Neurons dynamically control their myelin patterns.
January 1, 2021
Harvard and MIT researchers have discovered a new way that the brain responds to stimuli, with different types of neurons using myelin in different ways. By dynamically controlling myelin, the insulating coating around their long axon projections that helps with signal conduction, neurons have more ways to adapt to changes. Published in the journal Science, the study in mice advances scientists’ understanding of how the brain works and opens avenues for exploring new disease mechanisms.
“The brain requires a diversity of mechanisms at its disposal in order to adapt to stimuli. We know that neurons have different properties, and we demonstrated several years ago that neurons have different patterns of myelination. Now, we have found an additional layer of complexity: neurons actively use their myelin in dynamic and different ways,” said co-senior author Paola Arlotta, the Golub Family Professor of Stem Cell and Regenerative Biology at Harvard University.
In biology textbooks, the prototypical image of a neuron depicts the axon with a series of equally sized, evenly spaced pieces of myelin. However, the Arlotta lab showed in 2014 that the picture is more complicated: different types of neurons show different patterns of myelination, with varying lengths of myelin or no myelination on some segments. In the current study, the researchers delved deeper into the phenomenon of how myelination patterns might change over time.
To investigate myelin plasticity, the researchers used mouse models where specific neuron types were fluorescently labeled. They changed the animals’ sensory input by closing one eye, then tracked how the brain responded using a custom-built in vivo imaging system in the lab of collaborator and co-senior author Elly Nedivi.
“Our multicolor method enables the simultaneous visualization of both the myelin and the axons it was wrapping. This allowed us to closely track how myelin was changing over time as mice reconfigured the visual cortex as sight became deprived in one eye,” said Nedivi, who is the William R. (1964) & Linda R. Young Professor of Neuroscience at MIT, and a member of The Picower Institute for Learning and Memory and the Departments of Biology and Brain and Cognitive Sciences.
The researchers found that even though they tracked neurons that were next to each other and part of the same network, different cell types had different responses — specifically, inhibitory neurons remodeled their myelin more than excitatory neurons.
“In the inhibitory neurons, we saw a two-times increase in the number of myelin changes. Those changes can be any way you can imagine: they can be myelin segments shortening or elongating, the addition of new myelin, and also the elimination of an entire piece of myelin,” said Sung Min Yang, lead author and postdoctoral fellow in the Arlotta lab.
The unique capacity to change their myelin opens up possibilities for the neurons, Yang said: “It turns out that neurons do not move myelin around in a consistent way, as in a game of checkers where every game piece has the same move. Instead, the brain is playing chess, where different neurons — or pieces — can move in different ways. This gives the brain more choice in how to use myelin, which is a limited resource.”
The researchers also found that neurons did not necessarily have to produce new myelin, but could reuse and reshape what they already had in order to respond.

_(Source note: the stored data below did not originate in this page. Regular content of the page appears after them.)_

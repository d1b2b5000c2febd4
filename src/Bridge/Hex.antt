-- ===== src/Bridge/Hex.antt =====
-- Hexadecimal text is read back, and the length of what is read is known.
use better_steam_tools_ameth.Base.{
  ℕ, ◌+◌, ◌-◌, ◌*◌, ◌/◌, ◌%◌, ◌<◌, ◌≡◌, ◌≢◌, refl, some, [], ◌∷◌, arith, ltb, if◌then◌else◌, length,
}
use better_steam_tools_ameth.Base.Text.{Bytes}
use better_steam_tools_ameth.Bridge.{hex_nibble, hex_pairs, hex_to_bytes}

-- a digit in lower case
unfoldable pub lower_digit : ℕ → ℕ
lower_digit d = if ltb d 10 then b'0' + d else b'a' + (d - 10)

unfoldable pub to_hex : Bytes → Bytes
unfolding lower_digit
to_hex [] = []
to_hex (b ∷ bytes) = lower_digit (b / 16) ∷ lower_digit (b % 16) ∷ to_hex bytes

abbrev pub AllBytes : Bytes → Type 0
AllBytes [] = Unit
AllBytes (b ∷ bytes) = (b < 256) × AllBytes bytes

hex_nibble-lower_digit : (d : ℕ) → d < 16 → hex_nibble (lower_digit d) ≡ some d
unfolding hex_nibble lower_digit
hex_nibble-lower_digit d h = ground arith

hex_pairs-to_hex : (bytes : Bytes) → AllBytes bytes → hex_pairs (to_hex bytes) ≡ some bytes
unfolding hex_pairs to_hex
hex_pairs-to_hex [] h = refl
hex_pairs-to_hex (b ∷ bytes) h =
    let e : b / 16 * 16 + b % 16 ≡ b = omega arith in
    rw
      (
        hex_nibble-lower_digit (b / 16) (omega arith),
        hex_nibble-lower_digit (b % 16) (omega arith),
        hex_pairs-to_hex bytes h.1,
        e,
      )
      refl

length-to_hex : (bytes : Bytes) → length (to_hex bytes) ≡ 2 * length bytes
unfolding to_hex
length-to_hex [] = refl
length-to_hex (b ∷ bytes) = omega (arith, length-to_hex bytes)

-- Every non-empty list of bytes is read back from its text in lower-case hexadecimal.
hex_to_bytes-to_hex :
    (bytes : Bytes) → AllBytes bytes → bytes ≢ [] → hex_to_bytes (to_hex bytes) ≡ some bytes
unfolding hex_to_bytes
hex_to_bytes-to_hex [] h ne = absurd (ne refl)
hex_to_bytes-to_hex (b ∷ bytes) h ne =
    let even : length (to_hex (b ∷ bytes)) % 2 ≡ 0 = omega (arith, length-to_hex (b ∷ bytes)) in
    rw (even, hex_pairs-to_hex (b ∷ bytes) h) (unfold to_hex in refl)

“We have discovered a fundamental property of the brain that opens the window to conceptualizing how the organ maximizes its power and optimizes its function. The dynamic distribution of myelin is yet another level of mechanism that the brain uses to diversify its response to a given stimulus — the endless combinations can enable a more complex, even surprising outcome,” Arlotta said.
Based on the findings, the researchers can now investigate how myelin plasticity plays a role in other contexts, including disease.
“We hope to be able to investigate myelin pathology in human brain organoid models, which can be generated from patients or engineered to contain specific mutations associated with myelin abnormalities, in order to better understand the disease mechanisms,” Arlotta said.
This research was supported by the Stanley Center for Psychiatric Research at the Broad Institute of MIT and Harvard, the National Institute of Mental Health, the National Institutes of Health, and the JPB Foundation.